- _Records for the exercise_:
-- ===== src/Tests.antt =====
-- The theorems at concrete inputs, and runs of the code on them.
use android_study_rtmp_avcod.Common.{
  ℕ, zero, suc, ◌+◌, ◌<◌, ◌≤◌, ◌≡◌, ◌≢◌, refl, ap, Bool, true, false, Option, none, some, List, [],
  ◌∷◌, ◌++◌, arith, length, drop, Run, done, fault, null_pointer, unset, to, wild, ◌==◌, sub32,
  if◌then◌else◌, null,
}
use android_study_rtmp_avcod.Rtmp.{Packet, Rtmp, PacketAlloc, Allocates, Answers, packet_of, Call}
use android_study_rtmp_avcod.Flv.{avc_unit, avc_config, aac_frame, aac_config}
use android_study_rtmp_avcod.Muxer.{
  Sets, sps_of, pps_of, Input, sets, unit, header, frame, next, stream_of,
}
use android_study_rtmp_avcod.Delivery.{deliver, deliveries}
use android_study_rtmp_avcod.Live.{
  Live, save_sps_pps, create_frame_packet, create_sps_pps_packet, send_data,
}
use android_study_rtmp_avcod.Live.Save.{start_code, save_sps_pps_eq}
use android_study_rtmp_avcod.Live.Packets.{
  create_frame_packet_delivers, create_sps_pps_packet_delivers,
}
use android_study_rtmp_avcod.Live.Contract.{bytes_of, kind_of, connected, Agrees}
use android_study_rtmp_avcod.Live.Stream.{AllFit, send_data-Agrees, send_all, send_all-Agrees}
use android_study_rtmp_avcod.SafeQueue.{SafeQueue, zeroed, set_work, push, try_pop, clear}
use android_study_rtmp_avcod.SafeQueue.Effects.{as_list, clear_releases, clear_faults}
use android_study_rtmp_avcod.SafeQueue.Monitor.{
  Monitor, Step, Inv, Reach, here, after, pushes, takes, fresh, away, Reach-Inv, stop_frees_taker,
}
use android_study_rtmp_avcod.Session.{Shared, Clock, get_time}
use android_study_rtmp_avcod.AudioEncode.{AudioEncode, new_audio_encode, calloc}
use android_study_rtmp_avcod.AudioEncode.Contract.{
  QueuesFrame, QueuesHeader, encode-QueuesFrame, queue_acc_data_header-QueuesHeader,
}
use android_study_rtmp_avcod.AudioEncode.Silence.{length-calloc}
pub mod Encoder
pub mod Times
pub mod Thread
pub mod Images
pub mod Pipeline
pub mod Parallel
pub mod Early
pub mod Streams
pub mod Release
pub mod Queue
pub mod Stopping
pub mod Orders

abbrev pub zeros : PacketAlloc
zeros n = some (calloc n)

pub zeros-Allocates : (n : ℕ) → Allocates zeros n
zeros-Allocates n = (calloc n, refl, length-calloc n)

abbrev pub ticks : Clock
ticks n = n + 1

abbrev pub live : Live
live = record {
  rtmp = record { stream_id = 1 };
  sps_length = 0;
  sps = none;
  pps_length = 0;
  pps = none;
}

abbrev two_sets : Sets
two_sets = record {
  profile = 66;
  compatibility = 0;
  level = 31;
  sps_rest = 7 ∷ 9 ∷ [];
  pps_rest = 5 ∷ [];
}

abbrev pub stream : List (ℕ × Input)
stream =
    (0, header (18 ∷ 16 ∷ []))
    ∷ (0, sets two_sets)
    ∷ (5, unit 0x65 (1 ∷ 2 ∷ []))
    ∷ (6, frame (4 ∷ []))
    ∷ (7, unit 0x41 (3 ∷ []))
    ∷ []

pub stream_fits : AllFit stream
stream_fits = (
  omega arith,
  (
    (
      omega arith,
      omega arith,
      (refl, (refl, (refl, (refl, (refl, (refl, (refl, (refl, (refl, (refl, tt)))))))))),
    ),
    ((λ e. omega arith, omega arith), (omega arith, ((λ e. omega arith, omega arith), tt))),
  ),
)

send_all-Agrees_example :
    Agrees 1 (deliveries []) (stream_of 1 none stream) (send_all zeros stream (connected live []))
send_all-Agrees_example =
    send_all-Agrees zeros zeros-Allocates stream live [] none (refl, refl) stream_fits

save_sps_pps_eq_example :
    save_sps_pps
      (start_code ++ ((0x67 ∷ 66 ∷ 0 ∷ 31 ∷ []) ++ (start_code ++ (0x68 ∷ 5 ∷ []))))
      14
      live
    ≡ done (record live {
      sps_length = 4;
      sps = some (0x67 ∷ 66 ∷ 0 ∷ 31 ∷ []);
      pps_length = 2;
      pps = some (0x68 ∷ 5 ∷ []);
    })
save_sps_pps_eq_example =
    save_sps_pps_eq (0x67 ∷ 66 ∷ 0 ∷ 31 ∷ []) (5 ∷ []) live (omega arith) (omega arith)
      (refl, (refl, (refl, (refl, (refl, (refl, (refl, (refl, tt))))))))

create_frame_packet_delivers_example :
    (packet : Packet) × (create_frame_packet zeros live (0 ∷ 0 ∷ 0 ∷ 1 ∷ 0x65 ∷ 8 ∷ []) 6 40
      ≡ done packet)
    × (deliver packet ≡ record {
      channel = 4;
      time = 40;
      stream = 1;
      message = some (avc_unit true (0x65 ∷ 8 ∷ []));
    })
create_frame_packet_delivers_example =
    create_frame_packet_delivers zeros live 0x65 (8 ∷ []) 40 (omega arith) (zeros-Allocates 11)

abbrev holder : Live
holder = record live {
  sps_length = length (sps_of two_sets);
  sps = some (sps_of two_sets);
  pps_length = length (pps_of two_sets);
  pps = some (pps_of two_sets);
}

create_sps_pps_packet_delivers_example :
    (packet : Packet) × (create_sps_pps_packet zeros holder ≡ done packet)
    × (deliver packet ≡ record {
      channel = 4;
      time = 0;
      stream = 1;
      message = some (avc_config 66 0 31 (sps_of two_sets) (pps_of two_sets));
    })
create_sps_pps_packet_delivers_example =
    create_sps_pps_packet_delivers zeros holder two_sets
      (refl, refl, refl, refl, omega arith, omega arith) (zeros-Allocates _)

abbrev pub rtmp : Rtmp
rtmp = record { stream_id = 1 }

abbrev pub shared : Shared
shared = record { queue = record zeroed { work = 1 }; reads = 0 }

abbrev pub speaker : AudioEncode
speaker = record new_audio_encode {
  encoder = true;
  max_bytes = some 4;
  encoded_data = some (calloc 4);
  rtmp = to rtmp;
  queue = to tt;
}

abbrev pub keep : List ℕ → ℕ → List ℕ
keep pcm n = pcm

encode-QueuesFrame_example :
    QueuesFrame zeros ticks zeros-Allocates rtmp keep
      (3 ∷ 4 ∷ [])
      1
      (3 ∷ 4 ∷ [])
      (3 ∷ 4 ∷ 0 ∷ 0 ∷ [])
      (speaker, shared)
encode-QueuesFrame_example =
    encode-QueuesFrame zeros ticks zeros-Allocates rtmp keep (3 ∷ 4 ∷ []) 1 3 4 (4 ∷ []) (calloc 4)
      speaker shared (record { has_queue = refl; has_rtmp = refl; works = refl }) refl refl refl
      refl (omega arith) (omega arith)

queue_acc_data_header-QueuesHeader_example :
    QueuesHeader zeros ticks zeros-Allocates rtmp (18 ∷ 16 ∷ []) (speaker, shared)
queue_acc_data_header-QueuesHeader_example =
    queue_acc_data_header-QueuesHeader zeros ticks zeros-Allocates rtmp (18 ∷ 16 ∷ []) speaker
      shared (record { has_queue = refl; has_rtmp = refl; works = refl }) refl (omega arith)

- _Your instructions_: Working through the records above, copy each line in which "holder" is found.

- _Answer to this exercise_:
abbrev holder : Live
holder = record live {
    (packet : Packet) × (create_sps_pps_packet zeros holder ≡ done packet)
    create_sps_pps_packet_delivers zeros holder two_sets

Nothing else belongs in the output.